Deadlocks with "complex" communication patterns #160

Closed Mellich closed 10 months ago

Mellich commented 10 months ago

For certain P2P communication patterns, ACCL seems to lose data if messages exceed a certain size which leads to deadlocks. This is reproducible with the ACCL emulator using the UDP and TCP backend. I created a minimal example using 3 ranks based on the ACCL unit tests: https://github.com/Mellich/ACCL/blob/3b2c02440282fc2cecb70f7325572e490e4cd984/test/host/xrt/src/test.cpp#L76C29-L76C29

Execution with up to 368 values per message succeeds:

mpirun --tag-output -n 3 bin/test --gtest_filter=ACCLTest.test_complex_comm --rxbuf-size 4 -s 368

However, executions with 384 values and more deadlock. An interesting observation is, that the first non-working number of values (384) equals 1536 bytes which again equals the maximum packet size defined in the cclo firmware header.

quetric commented 10 months ago

Hi @Mellich thanks for taking the time to report this.

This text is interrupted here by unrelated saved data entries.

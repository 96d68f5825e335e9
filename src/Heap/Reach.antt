-- ===== src/Heap/Reach.antt =====
-- `MarkValue` of vm/src/runtime/vm_gc.cpp marks what a value leads to.
use lpc_interpreter.Prelude.{
  ℕ, zero, suc, ◌<◌, ◌≡◌, ◌∙◌, refl, ap, sym, subst, ◌⊎◌, inl, inr, Bool, true, false, not, ◌&&◌,
  List, [], ◌∷◌, Option, none, some, ltb, leb, if◌then◌else◌, Bool-cases, ltb→lt, arith,
}
use mathlib.Core.Option.{some-injective, none-ne-some}
use lpc_interpreter.Value.Word.{
  Value, is_obj_ref, is_closure, is_boxed_int, as_obj, closure_id, boxed_int_idx,
}
use lpc_interpreter.Value.Handles.{
  func_base, array_base, mapping_base, class_base, object_base, is_s_const_string_raw,
}
use lpc_interpreter.Optimizer.Base.{◌>>=◌}
use lpc_interpreter.Heap.Pools.{
  Heap, Kind, Slot, size, refs, slot_at, slot_of_id, slot_of_ref, target,
}
use lpc_interpreter.Heap.Mark.{
  Marks, has_mark, set_mark, mark_values, mark_unless, mark_target, mark_value, mark_root,
}
use lpc_interpreter.Heap.Marked.{
  On, Points, Fits, Marked, unmarked_slots, Marked-none, Marked-iff, Marked-join,
}
use lpc_interpreter.Heap.Setting.{
  set_mark-Fits, unmarked-set_mark_le, unmarked-set_mark_lt, Marked-slot,
}

pub data InHeap (h : Heap) : Option Slot → Type 0 where
  no_slot : InHeap h none
  slot : {k : Kind} {i : ℕ} → i < size h k → InHeap h (some (k, i))

InHeap-if :
    {h : Heap} (b : Bool) {x y : Option Slot}
    → (b ≡ true → InHeap h x)
    → InHeap h y
    → InHeap h (if b then x else y)
InHeap-if true hx hy = hx refl
InHeap-if false hx hy = hy

pub slot_at-InHeap : (h : Heap) (k : Kind) (i : ℕ) → InHeap h (slot_at h k i)
unfolding slot_at
slot_at-InHeap h k i = InHeap-if (ltb i (size h k)) (λ e. slot (ltb→lt _ _ e)) no_slot

pub slot_of_id-InHeap : (h : Heap) (k : Kind) (id : ℕ) → InHeap h (slot_of_id h k id)
unfolding slot_of_id
slot_of_id-InHeap h k id =
    InHeap-if (ltb 0 id && leb id (size h k)) (λ e. slot (ground arith)) no_slot

slot_of_ref-InHeap : (h : Heap) (raw : ℕ) → InHeap h (slot_of_ref h raw)
unfolding slot_of_ref
slot_of_ref-InHeap h raw =
    InHeap-if (ltb 0 raw && ltb raw func_base)
      (λ _.
        InHeap-if (not (is_s_const_string_raw raw)) (λ _. slot_at-InHeap h Kind.strings _) no_slot)
      (InHeap-if (leb array_base raw && ltb raw mapping_base)
        (λ _. slot_of_id-InHeap h Kind.arrays _)
        (InHeap-if (leb mapping_base raw && ltb raw class_base)
          (λ _. slot_of_id-InHeap h Kind.mappings _)
          (InHeap-if (leb class_base raw && ltb raw object_base)
            (λ _. slot_of_id-InHeap h Kind.classes _)
            (InHeap-if (leb object_base raw) (λ _. slot_of_id-InHeap h Kind.objects _) no_slot))))

pub target-InHeap : (h : Heap) (v : Value) → InHeap h (target h v)
unfolding target
target-InHeap h v =
    InHeap-if (is_obj_ref v) (λ _. slot_of_ref-InHeap h (as_obj v))
      (InHeap-if (is_closure v) (λ _. slot_of_id-InHeap h Kind.closures (closure_id v))
        (InHeap-if (is_boxed_int v) (λ _. slot_at-InHeap h Kind.boxed_ints (boxed_int_idx v))
          no_slot))

-- The slot of a lookup, if it has one.
abbrev pub Is : Option Slot → Slot → Type 0
Is x s = x ≡ some s

-- An answer: marks from the slots of R.
abbrev pub Answers : Heap → (Slot → Type 0) → Marks → Option Marks → Type 0
Answers h R m x = (m' : Marks) × (x ≡ some m') × Marked h R m m'

-- What marks from value v, on marks with fewer than n slots to go.
abbrev pub MarksBelow : Heap → (Value → Marks → Option Marks) → ℕ → Type 0
MarksBelow h go n =
    (v : Value) (m : Marks)
    → Fits h m
    → unmarked_slots m < n
    → Answers h (Is (target h v)) m (go v m)

-- Steps one after the other.
pub Answers-bind :
    (h : Heap) {R S : Slot → Type 0} {m : Marks} {x : Option Marks} (f : Marks → Option Marks)
    → Answers h R m x
    → ((m₁ : Marks) → Marked h R m m₁ → Answers h S m₁ (f m₁))
    → Answers h (λ s. R s ⊎ S s) m (x >>= f)
Answers-bind h {m = m} f (m₁, eq, a) k =
    let (m₂, eq₂, b) = k m₁ a in (m₂, ap (λ y. y >>= f) eq ∙ eq₂, Marked-join h a b)

pub Answers-iff :
    (h : Heap) {R S : Slot → Type 0} {m : Marks} {x : Option Marks}
    → ((s : Slot) → R s → S s)
    → ((s : Slot) → S s → R s)
    → Answers h R m x
    → Answers h S m x
Answers-iff h to back (m', eq, a) = (m', eq, Marked-iff h to back a)

pub Answers-none :
    (h : Heap) {R : Slot → Type 0} {m : Marks}
    → ((s : Slot) → ¬ R s)
    → Fits h m
    → Answers h R m (some m)
Answers-none h {m = m} empty fits = (m, refl, Marked-none h empty fits)

Marked-already : (h : Heap) (s : Slot) (m : Marks) → On m s → Fits h m → Marked h (Is (some s)) m m
Marked-already h s m on fits = record {
  roots = λ t e. subst (On m) (some-injective _ _ e) on;
  grows = λ t old. old;
  closed = λ t old. inl old;
  only = λ t old. inl old;
  fewer = omega arith;
  fits = fits;
}

module _ (h : Heap) (go : Value → Marks → Option Marks) (n : ℕ) (ih : MarksBelow h go n) where
  pub mark_values-Answers :
      (vs : List Value) (m : Marks)
      → Fits h m
      → unmarked_slots m < n
      → Answers h (Points h vs) m (mark_values go vs m)
  unfolding mark_values
  mark_values-Answers [] m fits few = Answers-none h (λ s (v, in_vs, e). in_vs) fits
  mark_values-Answers (v ∷ vs) m fits few =
      Answers-iff h
        (λ s r. elim r [ inl e ↦ (v, inl refl, e) | inr (w, in_vs, e) ↦ (w, inr in_vs, e) ])
        (λ s (w, in_vs, e). elim in_vs [
          | inl same ↦ inl (ap (target h) (sym same) ∙ e)
          | inr later ↦ inr (w, later, e)
        ])
        (Answers-bind h (mark_values go vs) (ih v m fits few)
          λ m₁ a. mark_values-Answers vs m₁ a.fits (omega (arith, a.fewer)))

  pub mark_root-Answers :
      (x : Option Slot) (m : Marks)
      → InHeap h x
      → Fits h m
      → unmarked_slots m < n
      → Answers h (Is x) m (mark_root go h x m)
  unfolding mark_root
  mark_root-Answers none m no_slot fits few = Answers-none h (λ s e. none-ne-some _ e) fits
  mark_root-Answers (some (k, i)) m (slot in_heap) fits few =
      let (m', eq, a) =
        mark_values-Answers (refs h (k, i)) (set_mark m (k, i)) (set_mark-Fits h m (k, i) fits)
          (omega (arith, unmarked-set_mark_le m (k, i))) in
      (
        m',
        eq,
        Marked-iff h (λ s e. ap some (sym e)) (λ s e. sym (some-injective _ _ e))
            (Marked-slot h m m' k i fits in_heap a),
      )

  -- The target of a value that has its mark leads to nothing new.
  pub mark_target-Answers :
      (x : Option Slot) (m : Marks)
      → InHeap h x
      → Fits h m
      → unmarked_slots m < suc n
      → Answers h (Is x) m (mark_target go h x m)
  unfolding mark_target mark_unless
  mark_target-Answers none m no_slot fits few = Answers-none h (λ s e. none-ne-some _ e) fits
  mark_target-Answers (some (k, i)) m (slot below) fits few =
      elim (Bool-cases (has_mark m (k, i))) [
        | inl on ↦ rw on (m, refl, Marked-already h (k, i) m on fits)
        | inr off ↦ rw off (
            let (m', eq, a) =
              mark_values-Answers (refs h (k, i)) (set_mark m (k, i))
                (set_mark-Fits h m (k, i) fits)
                (omega (arith, unmarked-set_mark_lt m k i off (omega (arith, fits k)))) in
            (
              m',
              eq,
              Marked-iff h (λ s e. ap some (sym e)) (λ s e. sym (some-injective _ _ e))
                  (Marked-slot h m m' k i fits below a),
            ))
      ]

-- With more fuel than there are slots without a mark, `MarkValue` ends, and marks what the value leads to.
pub mark_value-Answers :
    (h : Heap) (fuel : ℕ) (v : Value) (m : Marks)
    → Fits h m
    → unmarked_slots m < fuel
    → Answers h (Is (target h v)) m (mark_value fuel h v m)
unfolding mark_value
mark_value-Answers h zero v m fits enough = absurd (omega arith)
mark_value-Answers h (suc n) v m fits enough =
    mark_target-Answers h (mark_value n h) n (mark_value-Answers h n) (target h v) m
      (target-InHeap h v) fits enough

I've reproduced your issue exactly for UDP however deadlocks start at 386 elements for TCP.

Please check if this is the case for you as well.

quetric commented 10 months ago

On further investigation, this appears to be a problem with sendrecv in general, as the following also deadlocks:

mpirun --tag-output -n 2 bin/test --gtest_filter=ACCLTest.test_sendrcv --rxbuf-size 4 -s 384 -u

Mellich commented 10 months ago

Also for TCP, the deadlock happens already for 384 elements. Maybe it is not a hard bound? I tried with TCP and even fewer elements and it deadlocked. Sometimes the first receive of rank 2 even completes but validation of the data fails.

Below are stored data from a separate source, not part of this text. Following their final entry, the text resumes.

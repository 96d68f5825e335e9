-- ===== src/Heap/Traced.antt =====
-- `MarkReachable` of vm/src/runtime/vm_gc.cpp marks what its calls of `MarkValue` lead to.
use lpc_interpreter.Prelude.{
  ℕ, suc, ◌<◌, ◌≡◌, ◌↔◌, refl, ◌⊎◌, inl, inr, false, List, [], ◌∷◌, Option, some, if◌then◌else◌,
  length-replicate, Bool-cases, arith,
}
use lpc_interpreter.Value.Word.{Value}
use lpc_interpreter.Optimizer.Marks.{not-marked-replicate, unmarked-replicate}
use lpc_interpreter.Heap.Pools.{Heap, Kind, Slot, size, slot_at, slot_of_id, target}
use lpc_interpreter.Heap.Mark.{
  Marks, has_mark, mark_values, mark_value, Frame, TimerTask, Roots, mark_frames, mark_timers,
  no_marks, slots, mark_from_roots,
}
use lpc_interpreter.Heap.Marked.{On, Points, Fits, Marked, Trail, From, here, via, unmarked_slots}
use lpc_interpreter.Heap.Reach.{
  slot_at-InHeap, slot_of_id-InHeap, Is, Answers, MarksBelow, Answers-bind, Answers-iff,
  Answers-none, mark_values-Answers, mark_root-Answers, mark_target-Answers, mark_value-Answers,
}

-- The closure slot and the object of a frame.
abbrev pub InFrames : Heap → List Frame → Slot → Type 0
InFrames h [] s = ⊥
InFrames h (f ∷ fs) s =
    Is (slot_at h Kind.closures f.closure_slot) s
    ⊎ (Is (slot_of_id h Kind.objects f.object_id) s ⊎ InFrames h fs s)

-- What a timer that is not cancelled calls, and with what.
abbrev pub InTimers : Heap → List TimerTask → Slot → Type 0
InTimers h [] s = ⊥
InTimers h (t ∷ ts) s = ((t.cancelled ≡ false) × Points h (t.callee ∷ t.args) s) ⊎ InTimers h ts s

abbrev pub IsRoot : Heap → Roots → Slot → Type 0
IsRoot h r s =
    Points h r.stack s
    ⊎ (InFrames h r.frames s
        ⊎ (InTimers h r.timers s
            ⊎ (Is (target h r.last_result) s
                ⊎ Is (slot_of_id h Kind.objects r.current_object_id) s)))

-- What the calls of `MarkValue` lead to.
abbrev pub Traced : Heap → Roots → Slot → Type 0
Traced h r s = From h (IsRoot h r) s

module _ (h : Heap) (go : Value → Marks → Option Marks) (n : ℕ) (ih : MarksBelow h go n) where
  frames-Answers :
      (fs : List Frame) (m : Marks)
      → Fits h m
      → unmarked_slots m < n
      → Answers h (InFrames h fs) m (mark_frames go h fs m)
  unfolding mark_frames
  frames-Answers [] m fits few = Answers-none h (λ s r. r) fits
  frames-Answers (f ∷ fs) m fits few =
      Answers-bind h _ (mark_root-Answers h go n ih _ m (slot_at-InHeap h _ _) fits few) λ m₁ a.
        Answers-bind h _
          (mark_root-Answers h go n ih _ m₁ (slot_of_id-InHeap h _ _) a.fits
            (omega (arith, a.fewer)))
          λ m₂ b. frames-Answers fs m₂ b.fits (omega (arith, a.fewer, b.fewer))

  timer-Answers :
      (t : TimerTask) (m : Marks)
      → Fits h m
      → unmarked_slots m < n
      → Answers h
          (λ s. (t.cancelled ≡ false) × Points h (t.callee ∷ t.args) s)
          m
          (if t.cancelled then some m else mark_values go (t.callee ∷ t.args) m)
  timer-Answers t m fits few = elim (Bool-cases t.cancelled) [
    | inl off ↦ rw off (Answers-none h (λ s (live, p). cc) fits)
    | inr live ↦ rw live (
        Answers-iff h (λ s p. (refl, p)) (λ s (e, p). p)
          (mark_values-Answers h go n ih _ m fits few))
  ]

  timers-Answers :
      (ts : List TimerTask) (m : Marks)
      → Fits h m
      → unmarked_slots m < n
      → Answers h (InTimers h ts) m (mark_timers go ts m)
  unfolding mark_timers
  timers-Answers [] m fits few = Answers-none h (λ s r. r) fits
  timers-Answers (t ∷ ts) m fits few =
      Answers-bind h _ (timer-Answers t m fits few)
        λ m₁ a. timers-Answers ts m₁ a.fits (omega (arith, a.fewer))

unmarked-no_marks : (h : Heap) → unmarked_slots (no_marks h) ≡ slots h
unfolding unmarked_slots no_marks slots
unmarked-no_marks h = simp unmarked-replicate

no_marks-Fits : (h : Heap) → Fits h (no_marks h)
unfolding no_marks
no_marks-Fits h k = length-replicate _ _

no_marks-empty : (h : Heap) (s : Slot) → ¬ On (no_marks h) s
unfolding no_marks has_mark
no_marks-empty h (k, i) on = not-marked-replicate (size h k) i on

roots-Answers : (h : Heap) (r : Roots) → Answers h (IsRoot h r) (no_marks h) (mark_from_roots h r)
unfolding mark_from_roots
roots-Answers h r =
    let n = suc (slots h) in
    let go = mark_value n h in
    let ih : MarksBelow h go n = mark_value-Answers h n in
    let all = unmarked-no_marks h in
    Answers-bind h _
      (mark_values-Answers h go n ih r.stack _ (no_marks-Fits h) (omega (arith, all)))
      λ m₁ a.
        Answers-bind h _ (frames-Answers h go n ih r.frames m₁ a.fits (omega (arith, all, a.fewer)))
          λ m₂ b.
            Answers-bind h _
              (timers-Answers h go n ih r.timers m₂ b.fits (omega (arith, all, a.fewer, b.fewer)))
              λ m₃ c.
                Answers-bind h _
                  (ih r.last_result m₃ c.fits (omega (arith, all, a.fewer, b.fewer, c.fewer)))
                  λ m₄ d.
                    mark_target-Answers h go n ih _ m₄ (slot_of_id-InHeap h _ _) d.fits
                      (omega (arith, all, a.fewer, b.fewer, c.fewer, d.fewer))

module _ (h : Heap) {R : Slot → Type 0} {m : Marks} (a : Marked h R (no_marks h) m) where
  along : {s t : Slot} → Trail h s t → On m s → On m t
  along here on = on
  along {s = s} (via edge path) on = elim (a.closed s on) [
    | inl before ↦ absurd (no_marks-empty h s before)
    | inr all ↦ along path (all _ edge)
  ]

  Marked-exact : (s : Slot) → On m s ↔ From h R s
  Marked-exact s = (
    λ on. elim (a.only s on) [ inl before ↦ absurd (no_marks-empty h s before) | inr from ↦ from ],
    λ (r, is_root, path). along path (a.roots r is_root),
  )

-- The marks are those of the slots that the calls lead to.
pub mark_from_roots-Traced :
    (h : Heap) (r : Roots)
    → (m : Marks) × (mark_from_roots h r ≡ some m) × ((s : Slot) → On m s ↔ Traced h r s)
mark_from_roots-Traced h r = let (m, eq, a) = roots-Answers h r in (m, eq, Marked-exact h a)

I can also reproduce the deadlock for test_sendrcv and 384 elements.

quetric commented 10 months ago

This might be separate problems for TCP and UDP.

For UDP i've found the problem and a fix - see the associated branch. I'm still looking into the TCP deadlock.

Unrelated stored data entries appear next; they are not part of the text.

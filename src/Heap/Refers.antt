-- ===== src/Heap/Refers.antt =====
-- What a value refers to, by the tests and accessors of vm/include/vm/value/objref.h, and that
-- `MarkValue` of vm/src/runtime/vm_gc.cpp goes there.
use lpc_interpreter.Prelude.{
  ℕ, suc, ◌<◌, ◌≡◌, refl, subst, Bool, true, false, Option, none, some, length, ltb, leb, ◌&&◌, ◌-◌,
  not, if◌then◌else◌, arith,
}
use mathlib.Core.Option.{some-injective, none-ne-some}
use lpc_interpreter.Value.Word.{
  ValueTag, Value, tag, is_obj_ref, is_closure, is_boxed_int, as_obj, closure_id, boxed_int_idx,
}
use lpc_interpreter.Value.Handles.{
  func_base, array_base, mapping_base, class_base, object_base, is_s_const_string_raw,
  decode_string_index, is_string_obj_ref, is_array_obj_ref, is_mapping_obj_ref, is_class_obj_ref,
  is_object_obj_ref, decode_array_id, decode_mapping_id, decode_class_id, decode_object_id,
}
use lpc_interpreter.Heap.Pools.{Heap, Kind, Slot, size, slot_at, slot_of_id, slot_of_ref, target}

-- Value v refers to the slot: ids count from 1, the indices of texts and of boxed integers from 0.
abbrev pub Refers : Heap → Value → Slot → Type 0
Refers h v (Kind.strings, i) =
    (is_string_obj_ref v ≡ true)
    × (is_s_const_string_raw (as_obj v) ≡ false)
    × (decode_string_index (as_obj v) ≡ i)
    × (i < length h.strings.texts)
Refers h v (Kind.arrays, i) =
    (is_array_obj_ref v ≡ true) × (decode_array_id v ≡ suc i) × (i < length h.arrays.items)
Refers h v (Kind.mappings, i) =
    (is_mapping_obj_ref v ≡ true) × (decode_mapping_id v ≡ suc i) × (i < length h.mappings.items)
Refers h v (Kind.classes, i) =
    (is_class_obj_ref v ≡ true) × (decode_class_id v ≡ suc i) × (i < length h.classes.items)
Refers h v (Kind.objects, i) =
    (is_object_obj_ref v ≡ true) × (decode_object_id v ≡ suc i) × (i < length h.objects.items)
Refers h v (Kind.closures, i) =
    (is_closure v ≡ true) × (closure_id v ≡ suc i) × (i < length h.closures.items)
Refers h v (Kind.boxed_ints, i) =
    (is_boxed_int v ≡ true) × (boxed_int_idx v ≡ i) × (i < length h.boxed_ints.ints)

closure_only : (v : Value) → is_closure v ≡ true → is_obj_ref v ≡ false
unfolding is_closure is_obj_ref
closure_only v e = go (tag v) e
  where
    go :
        (t : ValueTag)
        → elim t [ ValueTag.closure ↦ true | _ ↦ false ] ≡ true
        → elim t [ ValueTag.obj_ref ↦ true | _ ↦ false ] ≡ false
    go ValueTag.obj_ref e = cc
    go _ e = refl

boxed_only : (v : Value) → is_boxed_int v ≡ true → (is_obj_ref v ≡ false) × (is_closure v ≡ false)
unfolding is_boxed_int is_closure is_obj_ref
boxed_only v e = go (tag v) e
  where
    go :
        (t : ValueTag)
        → elim t [ ValueTag.boxed_int ↦ true | _ ↦ false ] ≡ true
        → (elim t [ ValueTag.obj_ref ↦ true | _ ↦ false ] ≡ false)
          × (elim t [ ValueTag.closure ↦ true | _ ↦ false ] ≡ false)
    go ValueTag.obj_ref e = cc
    go ValueTag.closure e = cc
    go _ e = (refl, refl)

pub Refers-target : (h : Heap) (v : Value) (s : Slot) → Refers h v s → target h v ≡ some s
unfolding target slot_of_ref slot_of_id slot_at size is_string_obj_ref is_array_obj_ref
    is_mapping_obj_ref is_class_obj_ref is_object_obj_ref decode_array_id decode_mapping_id
    decode_class_id decode_object_id
Refers-target h v (Kind.strings, i) (test, heap, index, lt) = ground arith
Refers-target h v (Kind.arrays, i) (test, id, lt) = ground arith
Refers-target h v (Kind.mappings, i) (test, id, lt) = ground arith
Refers-target h v (Kind.classes, i) (test, id, lt) = ground arith
Refers-target h v (Kind.objects, i) (test, id, lt) = ground arith
Refers-target h v (Kind.closures, i) (test, id, lt) = rw (closure_only v test) (ground arith)
Refers-target h v (Kind.boxed_ints, i) (test, index, lt) =
    let (not_ref, not_closure) = boxed_only v test in rw (not_ref, not_closure) (ground arith)

-- What a lookup finds is what the value refers to.
abbrev Found : Heap → Value → Option Slot → Type 0
Found h v x = (s : Slot) → x ≡ some s → Refers h v s

Found-none : (h : Heap) (v : Value) → Found h v none
Found-none h v s e = absurd (none-ne-some s e)

Found-if :
    (h : Heap) (v : Value) (b : Bool) {x y : Option Slot}
    → (b ≡ true → Found h v x)
    → (b ≡ false → Found h v y)
    → Found h v (if b then x else y)
Found-if h v true hx hy = hx refl
Found-if h v false hx hy = hy refl

Found-slot : (h : Heap) (v : Value) (t : Slot) → Refers h v t → Found h v (some t)
Found-slot h v t r s e = subst (Refers h v) (some-injective t s e) r

module _ (h : Heap) (v : Value) where
  Found-at : (k : Kind) (i : ℕ) → (i < size h k → Refers h v (k, i)) → Found h v (slot_at h k i)
  unfolding slot_at
  Found-at k i r =
      Found-if h v (ltb i (size h k)) (λ e. Found-slot h v (k, i) (r (ground arith)))
        (λ _. Found-none h v)

  Found-id :
      (k : Kind) (id : ℕ)
      → ((i : ℕ) → id ≡ suc i → i < size h k → Refers h v (k, i))
      → Found h v (slot_of_id h k id)
  unfolding slot_of_id
  Found-id k id r =
      Found-if h v (ltb 0 id && leb id (size h k))
        (λ e. Found-slot h v (k, id - 1) (r (id - 1) (ground arith) (ground arith)))
        (λ _. Found-none h v)

  Found-ref : is_obj_ref v ≡ true → Found h v (slot_of_ref h (as_obj v))
  unfolding slot_of_ref size is_string_obj_ref is_array_obj_ref is_mapping_obj_ref is_class_obj_ref
      is_object_obj_ref decode_array_id decode_mapping_id decode_class_id decode_object_id
  Found-ref ref =
      let raw = as_obj v in
      Found-if h v (ltb 0 raw && ltb raw func_base)
        (λ text.
          Found-if h v (not (is_s_const_string_raw raw))
            (λ heap.
              Found-at Kind.strings (decode_string_index raw)
                (λ lt. (ground arith, ground arith, refl, lt)))
            (λ _. Found-none h v))
        (λ _.
          Found-if h v (leb array_base raw && ltb raw mapping_base)
            (λ t.
              Found-id Kind.arrays (raw - array_base) (λ i e lt. (ground arith, ground arith, lt)))
            (λ _.
              Found-if h v (leb mapping_base raw && ltb raw class_base)
                (λ t.
                  Found-id Kind.mappings (raw - mapping_base)
                    (λ i e lt. (ground arith, ground arith, lt)))
                (λ _.
                  Found-if h v (leb class_base raw && ltb raw object_base)
                    (λ t.
                      Found-id Kind.classes (raw - class_base)
                        (λ i e lt. (ground arith, ground arith, lt)))
                    (λ _.
                      Found-if h v (leb object_base raw)
                        (λ t.
                          Found-id Kind.objects (raw - object_base)
                            (λ i e lt. (ground arith, ground arith, lt)))
                        (λ _. Found-none h v)))))

  pub target-Refers : (s : Slot) → target h v ≡ some s → Refers h v s
  unfolding target size
  target-Refers = Found-if h v (is_obj_ref v) Found-ref (λ _.
      Found-if h v (is_closure v)
        (λ test. Found-id Kind.closures (closure_id v) (λ i e lt. (test, e, lt)))
        (λ _.
          Found-if h v (is_boxed_int v)
            (λ test. Found-at Kind.boxed_ints (boxed_int_idx v) (λ lt. (test, refl, lt)))
            (λ _. Found-none h v)))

quetric commented 10 months ago

@Mellich the TCP problem seems to be a race condition, same test fails intermittently. Is this what you see as well? Or is there a specific message size which always fails the test?

Mellich commented 10 months ago

Yes, a race condition seems quite likely for TCP. As mentioned above, I get different behavior for the same message size. In some cases, the first receive even succeeds but with the wrong data. So maybe something with the RX buffer bookkeeping?

I tried the fix for UDP and it also works for me in emulation. I will also validate the fix in hardware.

quetric commented 10 months ago

@Mellich i've pushed a fix for TCP as well. Indeed this was a problem with handling fragmentation whereby when messages were interleaved in a specific way (hence the intermittent failures) a fragment was assigned to a different message, resulting in corruption of the mis-targeted message (hence the data mismatch) and the deadlock caused by the target message never being filled.

Please test before I merge this into dev.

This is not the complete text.